Pincus upbeat on tough IPO

Pincus upbeat on tough IPO
Craig Chapple

By Craig Chapple

January 17th 2012 at 10:17AM

Admits renegotiation of stock compensation to early employees 'probably wasn't a good idea'

Zynga CEO Mark Pincus remains positive about the company’s recent IPO, despite falling below the original $10 offering price.

Speaking to The Wall Street Journal, he claimed the social games giant had hit the targets it set out to achieve, and was hopeful over the company’s future.

“Our goals were we want to raise a billion dollars,” said Pincus.

“Through going public, we wanted to add some more great long-term investors to the company. All of that was successful.”

He added on the fall in stock price: “I don't blame anybody because from our standpoint, we think it was successful.

"It was many times larger than the other tech IPOs that had just happened recently. We think we're now well positioned to move forward in the future.”

He also said that he felt it was the right time in the company’s growth to go public, despite the economic troubles in the US, and had never tried to time the markets.

Working culture

Pincus also discussed Zynga’s oft-criticised alleged working practices, stating the culture inside the firm is “not ultra competitive”, and that the social games giant has a history of levelling up through promotions, with more than 60 per cent of the work force levelling up every year for the last three years.

He admitted however that the renegotiations of stock compensation to some early employees was perhaps retrospectively not a good idea, highlighting four cases in particular.

“I realise that that wasn't a model that had been done in Silicon Valley, and we're always as a company trying to invent new models, and not all of them are worth keeping and repeating,” he said.

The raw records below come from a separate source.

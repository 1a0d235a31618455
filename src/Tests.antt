-- ===== src/Tests.antt =====
-- Runs of the model on concrete inputs: the services that they use, and a module for each component.
pub mod Fixtures
pub mod Mapping
pub mod Buckets
pub mod Keys
pub mod Roles
pub mod Deleted
pub mod Credentials
pub mod Databases
pub mod Stores
pub mod BucketLife
pub mod Operators
pub mod Samples
pub mod Versions
pub mod MysqlLife
pub mod Caches
pub mod Searches
pub mod Relational
pub mod Streams
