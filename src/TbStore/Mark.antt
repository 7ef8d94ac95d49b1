-- ===== src/TbStore/Mark.antt =====
-- exec/src/tb_store.rs: a block marked invalid, still in its chain.
use tcg_rs.Base.{
  ℕ, ◌≡◌, sym, ap, ◌∙◌, List, Bool, true, false, not, ◌&&◌, some, modify, get_elem?, ◌==◌, arith,
  Bool-cases, inl, inr,
}
use tcg_rs.Tb.{TranslationBlock}
use tcg_rs.TbStore.{TbStore}
use tcg_rs.TbStore.View.{View, entry, view, next_of, hits, in_bucket}
use tcg_rs.TbStore.Facts.{
  view-some, view-modify_self, view-modify_ne, next_of-some, next_of_congr, in_bucket_some,
  in_bucket_congr, hits_some, hits_congr,
}

abbrev pub mark : TranslationBlock → TranslationBlock
mark t = record t { invalid = true }

masked : (b : Bool) → (b && false) ≡ false
masked b = ground arith

pub open_mask : (b : Bool) → (b && true) ≡ b
open_mask b = ground arith

module _ (s : TbStore) (idx : ℕ) (t : TranslationBlock) (found : get_elem? s.tbs idx ≡ some t) where
  abbrev pub marked : List TranslationBlock
  marked = modify s.tbs idx mark

  pub was : view s.tbs idx ≡ some (entry t)
  was = view-some s.tbs idx t found

  pub now : view marked idx ≡ some (entry (mark t))
  now = view-modify_self s.tbs idx mark t found

  other : (j : ℕ) → (j == idx) ≡ false → view marked j ≡ view s.tbs j
  other j d = view-modify_ne s.tbs idx j mark (λ (e : j ≡ idx). absurd (ground arith))

  -- What the mark does to anything that is read of one block.
  marked_read :
      {A : Type 0} (read : View → ℕ → A) (j : ℕ) (a : A)
      → ((j == idx) ≡ true → read (view marked) idx ≡ a)
      → ((j == idx) ≡ false → read (view marked) j ≡ a)
      → read (view marked) j ≡ a
  marked_read read j a here there = elim (Bool-cases (j == idx)) [
    | inl d ↦ let same : j ≡ idx = ground arith in ap (read (view marked)) same ∙ here d
    | inr d ↦ there d
  ]

  pub next-mark : (j : ℕ) → next_of (view marked) j ≡ next_of (view s.tbs) j
  next-mark j =
      marked_read next_of j (next_of (view s.tbs) j)
        (λ d.
          let same : idx ≡ j = ground arith in
          next_of-some (view marked) idx (entry (mark t)) now
          ∙ sym (next_of-some (view s.tbs) idx (entry t) was)
          ∙ ap (next_of (view s.tbs)) same)
        (λ d. next_of_congr (view s.tbs) (view marked) j (other j d))

  pub in_bucket-mark :
      (b j : ℕ) → in_bucket (view marked) b j ≡ (in_bucket (view s.tbs) b j && not (j == idx))
  in_bucket-mark b j =
      marked_read (λ v i. in_bucket v b i) j (in_bucket (view s.tbs) b j && not (j == idx))
        (λ d. in_bucket_some (view marked) idx (entry (mark t)) now b ∙ rw d (sym (masked _)))
        (λ d. in_bucket_congr (view s.tbs) (view marked) j (other j d) b ∙ rw d (sym (open_mask _)))

  pub hits-mark :
      (q f j : ℕ) → hits (view marked) q f j ≡ (hits (view s.tbs) q f j && not (j == idx))
  hits-mark q f j =
      marked_read (λ v i. hits v q f i) j (hits (view s.tbs) q f j && not (j == idx))
        (λ d. hits_some (view marked) idx (entry (mark t)) now q f ∙ rw d (sym (masked _)))
        (λ d. hits_congr (view s.tbs) (view marked) j (other j d) q f ∙ rw d (sym (open_mask _)))
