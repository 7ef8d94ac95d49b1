-- ===== src/TbStore/Relink.antt =====
-- exec/src/tb_store.rs: a block taken out of its chain, on the links alone.
use tcg_rs.Base.{
  ℕ, ◌<◌, ◌≤◌, ◌≡◌, ◌≢◌, refl, sym, ap, ◌∙◌, List, [], ◌∷◌, true, false, Option, none, some, All,
  ◌==◌, if◌then◌else◌, arith, Bool-cases, inl, inr,
}
use tcg_rs.TbStore.Chain.{Chain, Chain-frame, Below, Below-absent, elem, without, without_absent}
use mathlib.Core.Path.{subst}
use tcg_rs.TbStore.View.{behind}

abbrev pub Links : Type 0
Links = ℕ → Option (Option ℕ)

-- The links when `idx`, with `n` behind it and `prev` in front of it, is taken out.
abbrev pub relink : ℕ → Option ℕ → Option ℕ → Links → Links
relink idx n none next j = if j == idx then some none else next j
relink idx n (some p) next j = if j == idx then some none else (if j == p then some n else next j)

-- The first block of what is left.
abbrev pub start : ℕ → Option ℕ → Option ℕ → List ℕ → Option ℕ
start idx n cur [] = cur
start idx n cur (i ∷ xs) = if i == idx then n else cur

abbrev pub Above : ℕ → Option ℕ → Type 0
Above m none = Unit
Above m (some p) = m ≤ p

pub relink_off :
    (idx : ℕ) (n prev : Option ℕ) (next : Links) (j m : ℕ)
    → j ≢ idx
    → j < m
    → Above m prev
    → relink idx n prev next j ≡ next j
relink_off idx n none next j m ne h a = let e : (j == idx) ≡ false = ground arith in rw e refl
relink_off idx n (some p) next j m ne h a =
    let e : (j == idx) ≡ false = ground arith in
    let d : (j == p) ≡ false = ground arith in rw (e, d) refl

relink_frame :
    (idx : ℕ) (n prev : Option ℕ) (next : Links) (m : ℕ) (xs : List ℕ) (bound : ℕ)
    → Below bound xs
    → bound ≤ idx
    → bound ≤ m
    → Above m prev
    → All (λ j. relink idx n prev next j ≡ next j) xs
relink_frame idx n prev next m [] bound b h k a = tt
relink_frame idx n prev next m (i ∷ xs) bound (l, b) h k a = (
  relink_off idx n prev next i m (λ (e : i ≡ idx). absurd (omega arith)) (omega arith) a,
  relink_frame idx n prev next m xs i b (omega arith) (omega arith) a,
)

behind_le :
    (idx : ℕ) (xs : List ℕ) (j : ℕ)
    → Below j xs
    → (q : ℕ) × (behind idx (some j) xs ≡ some q) × (q ≤ j)
behind_le idx [] j b = (j, refl, omega arith)
behind_le idx (i ∷ xs) j (l, b) = elim (Bool-cases (i == idx)) [
  | inl d ↦ (j, rw d refl, omega arith)
  | inr d ↦ let (q, e, k) = behind_le idx xs i b in (q, rw d e, omega arith)
]

relink_at :
    (idx : ℕ) (n : Option ℕ) (next : Links) (i : ℕ) (c : Option ℕ) (xs : List ℕ)
    → elem idx xs ≡ true
    → i ≢ idx
    → Below i xs
    → next i ≡ some c
    → relink idx n (behind idx (some i) xs) next i ≡ some (start idx n c xs)
relink_at idx n next i c [] m ne b e = absurd (cc)
relink_at idx n next i c (j ∷ xs) m ne (l, b) e =
    let off : (i == idx) ≡ false = ground arith in
    let same : (i == i) ≡ true = ground arith in
    elim (Bool-cases (j == idx)) [
      | inl d ↦ rw (d, off, same) refl
      | inr d ↦
          let (q, k, h) = behind_le idx xs j b in
          let far : (i == q) ≡ false = ground arith in rw (d, k, off, far) e
    ]

module _ (next : Links) (idx : ℕ) (n : Option ℕ) (known : next idx ≡ some n) where
  pub relink-Chain :
      (xs : List ℕ) (bound : ℕ) (cur prev : Option ℕ)
      → Chain next cur xs
      → Below bound xs
      → elem idx xs ≡ true
      → Above bound prev
      → Chain (relink idx n (behind idx prev xs) next) (start idx n cur xs) (without idx xs)
  relink-Chain [] bound cur prev c b m a = absurd (cc)
  relink-Chain (i ∷ xs) bound cur prev (e, ni, k, c) (l, b) m a = elim (Bool-cases (i == idx)) [
    | inl d ↦
        let same : i ≡ idx = ground arith in
        let eq : ni ≡ n = let r : some ni ≡ some n = sym k ∙ ap next same ∙ known in cc in
        let gone : without idx xs ≡ xs =
          without_absent idx xs (sym (ap (λ (z : ℕ). elem z xs) same) ∙ Below-absent xs i b) in
        rw (d, gone)
          (Chain-frame next (relink idx n prev next) xs n
            (relink_frame idx n prev next bound xs i b (omega (arith, same)) (omega arith) a)
            (subst (λ (z : Option ℕ). Chain next z xs) eq c))
    | inr d ↦
        let r : elem idx (i ∷ xs) ≡ elem idx xs = rw d refl in
        let mem = sym r ∙ m in
        rw d (
          e,
          start idx n ni xs,
          relink_at idx n next i ni xs mem (λ (q : i ≡ idx). absurd (ground arith)) b k,
          relink-Chain xs i ni (some i) c b mem (omega arith),
        )
  ]

-- What is in front of a block has what every block of its chain has.
pub behind_in :
    (P : ℕ → Type 0) (idx : ℕ) (xs : List ℕ) (prev : Option ℕ) (p : ℕ)
    → All P xs
    → (prev ≡ some p → P p)
    → behind idx prev xs ≡ some p
    → P p
behind_in P idx [] prev p a h e = h e
behind_in P idx (i ∷ xs) prev p (k, a) h e = elim (Bool-cases (i == idx)) [
  | inl d ↦ let r : behind idx prev (i ∷ xs) ≡ prev = rw d refl in h (sym r ∙ e)
  | inr d ↦
      let r : behind idx prev (i ∷ xs) ≡ behind idx (some i) xs = rw d refl in
      behind_in P idx xs (some i) p a
        (λ (q : some i ≡ some p). let same : i ≡ p = cc in subst P same k) (sym r ∙ e)
]

pub relink_other :
    (idx : ℕ) (n prev : Option ℕ) (next : Links) (j : ℕ)
    → j ≢ idx
    → prev ≢ some j
    → relink idx n prev next j ≡ next j
relink_other idx n none next j ne h = let e : (j == idx) ≡ false = ground arith in rw e refl
relink_other idx n (some p) next j ne h =
    let e : (j == idx) ≡ false = ground arith in
    elim (Bool-cases (j == p)) [
      | inl d ↦ let same : p ≡ j = ground arith in absurd (h (ap some same))
      | inr d ↦ rw (e, d) refl
    ]

behind_some : (idx : ℕ) (xs : List ℕ) (j : ℕ) → behind idx (some j) xs ≢ none
behind_some idx [] j e = absurd (cc)
behind_some idx (i ∷ xs) j e = elim (Bool-cases (i == idx)) [
  | inl d ↦ let r : behind idx (some j) (i ∷ xs) ≡ some j = rw d refl in absurd (cc)
  | inr d ↦
      let r : behind idx (some j) (i ∷ xs) ≡ behind idx (some i) xs = rw d refl in
      behind_some idx xs i (sym r ∙ e)
]

-- Without a block in front of it, a block is the first of its chain.
pub start-behind_none :
    (idx : ℕ) (n cur : Option ℕ) (xs : List ℕ)
    → elem idx xs ≡ true
    → behind idx none xs ≡ none
    → start idx n cur xs ≡ n
start-behind_none idx n cur [] m e = absurd (cc)
start-behind_none idx n cur (i ∷ xs) m e = elim (Bool-cases (i == idx)) [
  | inl d ↦ rw d refl
  | inr d ↦
      let r : behind idx none (i ∷ xs) ≡ behind idx (some i) xs = rw d refl in
      absurd (behind_some idx xs i (sym r ∙ e))
]

pub start-behind_some :
    (idx : ℕ) (n cur : Option ℕ) (xs : List ℕ) (p : ℕ)
    → behind idx none xs ≡ some p
    → start idx n cur xs ≡ cur
start-behind_some idx n cur [] p e = refl
start-behind_some idx n cur (i ∷ xs) p e = elim (Bool-cases (i == idx)) [
  | inl d ↦ let r : behind idx none (i ∷ xs) ≡ none = rw d refl in absurd (cc)
  | inr d ↦ rw d refl
]
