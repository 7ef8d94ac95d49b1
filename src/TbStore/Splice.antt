-- ===== src/TbStore/Splice.antt =====
-- exec/src/tb_store.rs: the writes that take a block out of its chain.
use tcg_rs.Base.{
  ℕ, ◌<◌, ◌≡◌, refl, sym, ap, ◌∙◌, Option, none, some, length, length-modify, modify, ◌==◌, arith,
  Bool-cases, inl, inr,
}
use tcg_rs.TbStore.{TbStore, splice, set_bucket}
use tcg_rs.TbStore.View.{view, next_of, hits, in_bucket}
use tcg_rs.TbStore.Relink.{relink}
use tcg_rs.TbStore.Facts.{
  write-some, link, hits-link, in_bucket-link, next_of-link_self, next_of-link_ne,
}
use tcg_rs.TbStore.Links.{dest, incoming, dest-write_keep, incoming-write_keep}

abbrev pub front : ℕ → (ℕ → Option ℕ) → Option ℕ → Option ℕ → ℕ → Option ℕ
front b hash none m = set_bucket hash b m
front b hash (some p) m = hash

-- What taking out `idx` does, when `prev` is in front of it and `m` behind it.
pub record IsSplice (s : TbStore) (b idx : ℕ) (prev m : Option ℕ) (s' : TbStore) : Type 0 where
  pub done : splice b idx prev m s ≡ some s'
  pub hash : s'.hash ≡ front b s.hash prev m
  pub size : length s'.tbs ≡ length s.tbs
  pub links : (j : ℕ) → next_of (view s'.tbs) j ≡ relink idx m prev (next_of (view s.tbs)) j
  pub buckets : (c j : ℕ) → in_bucket (view s'.tbs) c j ≡ in_bucket (view s.tbs) c j
  pub same_hits : (q f j : ℕ) → hits (view s'.tbs) q f j ≡ hits (view s.tbs) q f j
  pub same_dest : (j k : ℕ) → dest s'.tbs j k ≡ dest s.tbs j k
  pub same_incoming : (j : ℕ) → incoming s'.tbs j ≡ incoming s.tbs j

IsSplice-first :
    (s : TbStore) (b idx : ℕ) (m : Option ℕ)
    → idx < length s.tbs
    → (s' : TbStore) × IsSplice s b idx none m s'
unfolding splice
IsSplice-first s b idx m h =
    let s1 : TbStore = record s { hash = set_bucket s.hash b m } in
    let tbs' = modify s.tbs idx (link none) in
    (
      record { tbs = tbs'; hash = set_bucket s.hash b m },
      record {
        done = write-some s1 idx (link none) h;
        hash = refl;
        size = length-modify s.tbs idx (link none);
        links = λ j. elim (Bool-cases (j == idx)) [
          | inl d ↦
              let same : idx ≡ j = ground arith in
              rw d (ap (next_of (view tbs')) (sym same) ∙ next_of-link_self s.tbs idx none h)
          | inr d ↦ rw d (next_of-link_ne s.tbs idx none j (λ (e : j ≡ idx). absurd (ground arith)))
        ];
        buckets = λ c j. in_bucket-link s.tbs idx none c j;
        same_hits = λ q f j. hits-link s.tbs idx none q f j;
        same_dest = λ j k. dest-write_keep s idx (link none) h (λ u. refl) j k;
        same_incoming = λ j. incoming-write_keep s idx (link none) h (λ u. refl) j;
      },
    )

IsSplice-later :
    (s : TbStore) (b idx p : ℕ) (m : Option ℕ)
    → idx < length s.tbs
    → p < length s.tbs
    → (s' : TbStore) × IsSplice s b idx (some p) m s'
unfolding splice
IsSplice-later s b idx p m h k =
    let tbs1 = modify s.tbs p (link m) in
    let len1 = length-modify s.tbs p (link m) in
    let h' : idx < length tbs1 = omega (arith, len1) in
    let s1 : TbStore = record s { tbs = tbs1 } in
    let tbs' = modify tbs1 idx (link none) in
    (
      record { tbs = tbs'; hash = s.hash },
      record {
        done = rw (write-some s p (link m) k) (write-some s1 idx (link none) h');
        hash = refl;
        size = length-modify tbs1 idx (link none) ∙ len1;
        links = λ j. elim (Bool-cases (j == idx)) [
          | inl d ↦
              let same : idx ≡ j = ground arith in
              rw d (ap (next_of (view tbs')) (sym same) ∙ next_of-link_self tbs1 idx none h')
          | inr d ↦ rw d (
              next_of-link_ne tbs1 idx none j (λ (e : j ≡ idx). absurd (ground arith))
              ∙ elim (Bool-cases (j == p)) [
                | inl c ↦
                    let same : p ≡ j = ground arith in
                    rw c (ap (next_of (view tbs1)) (sym same) ∙ next_of-link_self s.tbs p m k)
                | inr c ↦ rw c (next_of-link_ne s.tbs p m j (λ (e : j ≡ p). absurd (ground arith)))
              ])
        ];
        buckets = λ c j. in_bucket-link tbs1 idx none c j ∙ in_bucket-link s.tbs p m c j;
        same_hits = λ q f j. hits-link tbs1 idx none q f j ∙ hits-link s.tbs p m q f j;
        same_dest = λ j c.
            dest-write_keep s1 idx (link none) h' (λ u. refl) j c
            ∙ dest-write_keep s p (link m) k (λ u. refl) j c;
        same_incoming = λ j.
            incoming-write_keep s1 idx (link none) h' (λ u. refl) j
            ∙ incoming-write_keep s p (link m) k (λ u. refl) j;
      },
    )

pub IsSplice-some :
    (s : TbStore) (b idx : ℕ) (prev m : Option ℕ)
    → idx < length s.tbs
    → ((p : ℕ) → prev ≡ some p → p < length s.tbs)
    → (s' : TbStore) × IsSplice s b idx prev m s'
IsSplice-some s b idx none m h k = IsSplice-first s b idx m h
IsSplice-some s b idx (some p) m h k = IsSplice-later s b idx p m h (k p refl)
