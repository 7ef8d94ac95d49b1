-- ===== src/TbStore/Remove.antt =====
-- exec/src/tb_store.rs: a block that is marked invalid is taken out of its chain.
use tcg_rs.Base.{
  ℕ, ◌<◌, ◌≡◌, ◌≢◌, refl, sym, ap, ◌∙◌, Bool, true, false, not, ◌&&◌, Option, none, some, length,
  get_elem?, get_elem?-lt, ◌==◌, if◌then◌else◌, arith, Bool-cases, inl, inr, Option-cases, ==_refl,
}
use mathlib.Core.Path.{subst}
use tcg_rs.Tb.{TranslationBlock, hash_bucket}
use tcg_rs.TbStore.{TbStore, remove_chained, get}
use tcg_rs.TbStore.Chain.{
  Chain, Chain-frame, down_from, down_from-Below, down_from-elem, down_from_congr, length-Below,
  All-down_from, without-down_from,
}
use tcg_rs.TbStore.View.{
  entry, View, view, next_of, hits, in_bucket, behind, remove_from_absent, remove_from_present,
}
use tcg_rs.TbStore.Relink.{
  relink, relink-Chain, relink_other, behind_in, start, start-behind_none, start-behind_some,
}
use tcg_rs.TbStore.Facts.{next_of-some, view-some, in_bucket_unique}
use tcg_rs.TbStore.Splice.{IsSplice, IsSplice-some, front}
use tcg_rs.TbStore.Links.{dest, incoming}
use tcg_rs.TbStore.Lookup.{IsStore}

-- The chains go through the blocks that are valid in `v`; of these, `idx` is now marked invalid.
pub record IsMarked (v : View) (s : TbStore) (idx : ℕ) (t : TranslationBlock) : Type 0 where
  pub found : get_elem? s.tbs idx ≡ some t
  pub chained :
      (b : ℕ) → Chain (next_of (view s.tbs)) (s.hash b) (down_from (in_bucket v b) (length s.tbs))
  pub buckets : (b j : ℕ) → in_bucket (view s.tbs) b j ≡ (in_bucket v b j && not (j == idx))
  pub home : (b : ℕ) → in_bucket v b idx ≡ true → hash_bucket t.pc t.flags ≡ b

pub record IsRemoved (idx : ℕ) (s s' : TbStore) : Type 0 where
  pub done : remove_chained idx s ≡ some s'
  pub store : IsStore s'
  pub size : length s'.tbs ≡ length s.tbs
  pub same_hits : (q f j : ℕ) → hits (view s'.tbs) q f j ≡ hits (view s.tbs) q f j
  pub same_dest : (j k : ℕ) → dest s'.tbs j k ≡ dest s.tbs j k
  pub same_incoming : (j : ℕ) → incoming s'.tbs j ≡ incoming s.tbs j

and_true : (b : Bool) → (b && true) ≡ b
and_true true = refl
and_true false = refl

module _ (v : View) (s : TbStore) (idx : ℕ) (t : TranslationBlock)
    (marked : IsMarked v s idx t) where
  abbrev here : ℕ
  here = hash_bucket t.pc t.flags

  open marked use {found, chained, buckets, home}

  -- A block that was invalid before is in no chain.
  pub remove_unchained : in_bucket v here idx ≡ false → IsRemoved idx s s
  unfolding remove_chained get
  remove_unchained out =
      let n = length s.tbs in
      let xs = down_from (in_bucket v here) n in
      let lt : idx < n = get_elem?-lt s.tbs idx found in
      let same : (b j : ℕ) → in_bucket (view s.tbs) b j ≡ in_bucket v b j = λ b j.
        buckets b j ∙ elim (Bool-cases (j == idx)) [
          | inl d ↦
              let eq : idx ≡ j = ground arith in
              elim (Bool-cases (in_bucket v b j)) [
                | inl e ↦
                    let k : here ≡ b = home b (ap (in_bucket v b) eq ∙ e) in
                    let r : in_bucket v here idx ≡ true =
                      ap (λ (z : ℕ). in_bucket v z idx) k ∙ ap (in_bucket v b) eq ∙ e in
                    absurd (cc)
                | inr e ↦ rw e refl
              ]
          | inr d ↦ rw d (and_true (in_bucket v b j))
        ] in
      record {
        done = rw found (
            remove_from_absent s here idx xs (s.hash here) none n (chained here)
              (length-Below xs n (down_from-Below (in_bucket v here) n))
              (down_from-elem (in_bucket v here) n idx lt ∙ out));
        store = λ b.
            rw (down_from_congr (in_bucket (view s.tbs) b) (in_bucket v b) n (λ i k. same b i))
              (chained b);
        size = refl;
        same_hits = λ q f j. refl;
        same_dest = λ j k. refl;
        same_incoming = λ j. refl;
      }

  abbrev before : Option ℕ
  before = behind idx none (down_from (in_bucket v here) (length s.tbs))

  module _ (s' : TbStore) (cut : IsSplice s here idx before t.hash_next s')
      (valid : in_bucket v here idx ≡ true) where
    cut_hash :
        (b : ℕ)
        → s'.hash b ≡ (
            if b == here
            then start idx t.hash_next (s.hash here) (down_from (in_bucket v here) (length s.tbs))
            else s.hash b)
    cut_hash b =
        let n = length s.tbs in
        let xs = down_from (in_bucket v here) n in
        let lt : idx < n = get_elem?-lt s.tbs idx found in
        let mem = down_from-elem (in_bucket v here) n idx lt ∙ valid in
        let at : s'.hash b ≡ front here s.hash before t.hash_next b =
          ap (λ (h : ℕ → Option ℕ). h b) cut.hash in
        elim (Option-cases before) [
          | inl e ↦
              let first = start-behind_none idx t.hash_next (s.hash here) xs mem e in
              at ∙ rw (e, first) refl
          | inr (p, e) ↦
              let later = start-behind_some idx t.hash_next (s.hash here) xs p e in
              at
              ∙ rw (e, later)
                  (elim (Bool-cases (b == here)) [
                    | inl d ↦ let same : b ≡ here = ground arith in rw d (ap s.hash same)
                    | inr d ↦ rw d refl
                  ])
        ]

    Chain-here :
        Chain
          (next_of (view s'.tbs))
          (s'.hash here)
          (down_from (in_bucket (view s'.tbs) here) (length s.tbs))
    Chain-here =
        let n = length s.tbs in
        let p = in_bucket v here in
        let xs = down_from p n in
        let next1 = next_of (view s.tbs) in
        let m = t.hash_next in
        let lt : idx < n = get_elem?-lt s.tbs idx found in
        let known = next_of-some (view s.tbs) idx (entry t) (view-some s.tbs idx t found) in
        let base =
          relink-Chain next1 idx m known xs n (s.hash here) none (chained here)
            (down_from-Below p n) (down_from-elem p n idx lt ∙ valid) tt in
        let left : ℕ → Bool = λ i. p i && not (i == idx) in
        let cut_list =
          down_from_congr (in_bucket (view s'.tbs) here) left n
            (λ i k. cut.buckets here i ∙ buckets here i) in
        let first : s'.hash here ≡ start idx m (s.hash here) xs =
          cut_hash here ∙ rw (==_refl here) refl in
        rw (first, cut_list)
          (Chain-frame (relink idx m before next1) (next_of (view s'.tbs)) (down_from left n)
            (start idx m (s.hash here) xs) (All-down_from left n (λ j k e. cut.links j))
            (subst (Chain (relink idx m before next1) (start idx m (s.hash here) xs))
              (without-down_from p idx n) base))

    Chain-there :
        (b : ℕ)
        → here ≢ b
        → Chain
            (next_of (view s'.tbs))
            (s'.hash b)
            (down_from (in_bucket (view s'.tbs) b) (length s.tbs))
    Chain-there b ne =
        let n = length s.tbs in
        let p = in_bucket v b in
        let next1 = next_of (view s.tbs) in
        let off : (j : ℕ) → p j ≡ true → j ≢ idx = λ j e q. ne (home b (ap p (sym q) ∙ e)) in
        let front_off : (j : ℕ) → p j ≡ true → before ≢ some j = λ j e q.
          let k =
            behind_in (λ (i : ℕ). in_bucket v here i ≡ true) idx (down_from (in_bucket v here) n)
              none j (All-down_from (in_bucket v here) n (λ i l d. d))
              (λ (w : none ≡ some j). absurd (cc)) q in
          ne (in_bucket_unique v here b j k e) in
        let cut_list : (j : ℕ) → in_bucket (view s'.tbs) b j ≡ p j = λ j.
          cut.buckets b j ∙ buckets b j ∙ elim (Bool-cases (p j)) [
            | inl e ↦ let d : (j == idx) ≡ false = let q = off j e in ground arith in rw (e, d) refl
            | inr e ↦ rw e refl
          ] in
        let d : (b == here) ≡ false = ground arith in
        let same : s'.hash b ≡ s.hash b = cut_hash b ∙ rw d refl in
        rw (same, down_from_congr (in_bucket (view s'.tbs) b) p n (λ i k. cut_list i))
          (Chain-frame next1 (next_of (view s'.tbs)) (down_from p n) (s.hash b)
            (All-down_from p n (λ j k e.
              cut.links j ∙ relink_other idx t.hash_next before next1 j (off j e) (front_off j e)))
            (chained b))

  pub remove_linked : in_bucket v here idx ≡ true → (s' : TbStore) × IsRemoved idx s s'
  unfolding remove_chained get
  remove_linked valid =
      let n = length s.tbs in
      let xs = down_from (in_bucket v here) n in
      let lt : idx < n = get_elem?-lt s.tbs idx found in
      let known = next_of-some (view s.tbs) idx (entry t) (view-some s.tbs idx t found) in
      let (s', cut) = IsSplice-some s here idx before t.hash_next lt (λ p e.
        behind_in (λ (i : ℕ). i < n) idx xs none p (All-down_from (in_bucket v here) n (λ i l d. l))
          (λ (w : none ≡ some p). absurd (cc)) e) in
      (
        s',
        record {
          done = rw found (
              remove_from_present s here idx t.hash_next xs (s.hash here) none n known
                (chained here) (length-Below xs n (down_from-Below (in_bucket v here) n))
                (down_from-elem (in_bucket v here) n idx lt ∙ valid)
              ∙ cut.done);
          store = λ b. rw cut.size (elim (Bool-cases (here == b)) [
            | inl d ↦
                let eq : here ≡ b = ground arith in
                subst
                  (λ (c : ℕ).
                    Chain (next_of (view s'.tbs)) (s'.hash c)
                      (down_from (in_bucket (view s'.tbs) c) (length s.tbs)))
                  eq (Chain-here s' cut valid)
            | inr d ↦ Chain-there s' cut valid b (λ (e : here ≡ b). absurd (ground arith))
          ]);
          size = cut.size;
          same_hits = cut.same_hits;
          same_dest = cut.same_dest;
          same_incoming = cut.same_incoming;
        },
      )

pub remove_marked :
    (v : View) (s : TbStore) (idx : ℕ) (t : TranslationBlock)
    → IsMarked v s idx t
    → (s' : TbStore) × IsRemoved idx s s'
remove_marked v s idx t marked = elim (Bool-cases (in_bucket v (hash_bucket t.pc t.flags) idx)) [
  | inl e ↦ remove_linked v s idx t marked e
  | inr e ↦ (s, remove_unchained v s idx t marked e)
]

“That's never been a policy at our company, and probably I'd say in retrospect, given how much that blew up, and questioned traditions in the Valley, I think probably wasn't a good idea.”

Wedbush analyst Michael Pachter recently stated that despite the Zynga IPOs early disappointment, he expects the share price to reach $12.5 by the end of December this year.

"By virtually any metric, it is clear that Zynga is the dominant developer of social games, claiming six of the top ten most popular games on Facebook by DAUs," he said in a report issued last month.

"We believe that Zynga's dominance is its key strength as the company leverages its large installed base of players each time it launches a new game."